Things she said that felt like a hammer to the gut:
"When we went in to register to be married I never felt like it was anything special. Most people pick a special day, we just went in on our day off." My answer to that was that the day we went in is special from now on, it's the day I could introduce her as my wife and not my girlfriend. We had little money to have a proper wedding, and I feel real bad about that but in the years after even she said "I'd rather do 'this' or 'that' than have a wedding." My mistake...and I hope to make that up to her.
"I love you but sex is too much like a chore. I enjoy it when it happens but I am never out and about thinking 'I'd like to go home and make love to my husband." She says this is how most of her relationships have been. Passionate in the beginning but the fizzled. She was the victim of domestic violence in many of her relationships prior to me and I have a feeling that plays some role in it. However, she says that when she talks with her friends or co-workers, many of them feel the same way in their relationships. It's just not as fun for them as it is for the guys.

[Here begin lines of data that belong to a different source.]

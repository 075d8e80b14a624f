-- ===== src/Offers.antt =====
-- Offers made in a conversation: src/offers/offers.service.ts.
mod Service
pub mod Acceptance
pub mod Rows
pub mod Guards
pub mod Accept
pub mod Reject
unfoldable pub use Service.*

According to the calendar, today and tomorrow she should be ovulating...which I would assume has her hormones in gear to 'have sex' but if I bring up sex, just for sex and not to make a baby, she's still playing the 'I need time.' card. The local doctor prescribed me some Viagra and said it would help some women enjoy sex more...I have yet to ask her to try it because I don't want to push.
"I don't know what marriage is." She asked me what I thought marriage meant and I think I did a pretty good job of telling her why I wanted to be married to her and still want to be married to her. She accepted this as a good way of putting it but questions herself "If I love you, and I think I do, then why did I do what I did (Caught almost having sex, and likely would have had I not walked in)?" I told her that while she has no excuse for doing what she did, I have some blame in it and accept it.
"I wanted a baby because I thought it would change things for us, not exactly because I wanted a baby." Again, this blew me away. We had talked names, what kind of parents we would be etc. She was, as far as I knew, completely for having kids and in the past years had always wished we could've already pumped a few out. She says she's "Thinking about whether or not she could be a good mother." I really thought she had already decided on becoming a mother. Now, I might be married to someone who has no passion for sex and doesn't want a family, but a person I so dearly love and want to keep in my life.

Other things that are bothering me. She is 40 yrs old and at that age having children is getting risky. One of the reasons I would like to see her quit her job and go full on baby making. But, she seems to have work put into first place. She's already talking about what a tough month she's going to have in July due to shifting of workers and how she's got some 'not so great' people coming to her section. I would rather her be thinking "OK, just a few months and I can quit because I'll be pregnant."

I still can't eat and can barely sleep. Getting through work is tough as hell. If I bring most of this up she takes the blame and puts it on her shoulders (And she should really) but it just regresses the situation. She's the type to say "I'm not good enough for you or this life. You should move on." Thing is, I've already put my heart and soul into this relationship and can't imagine a life without her.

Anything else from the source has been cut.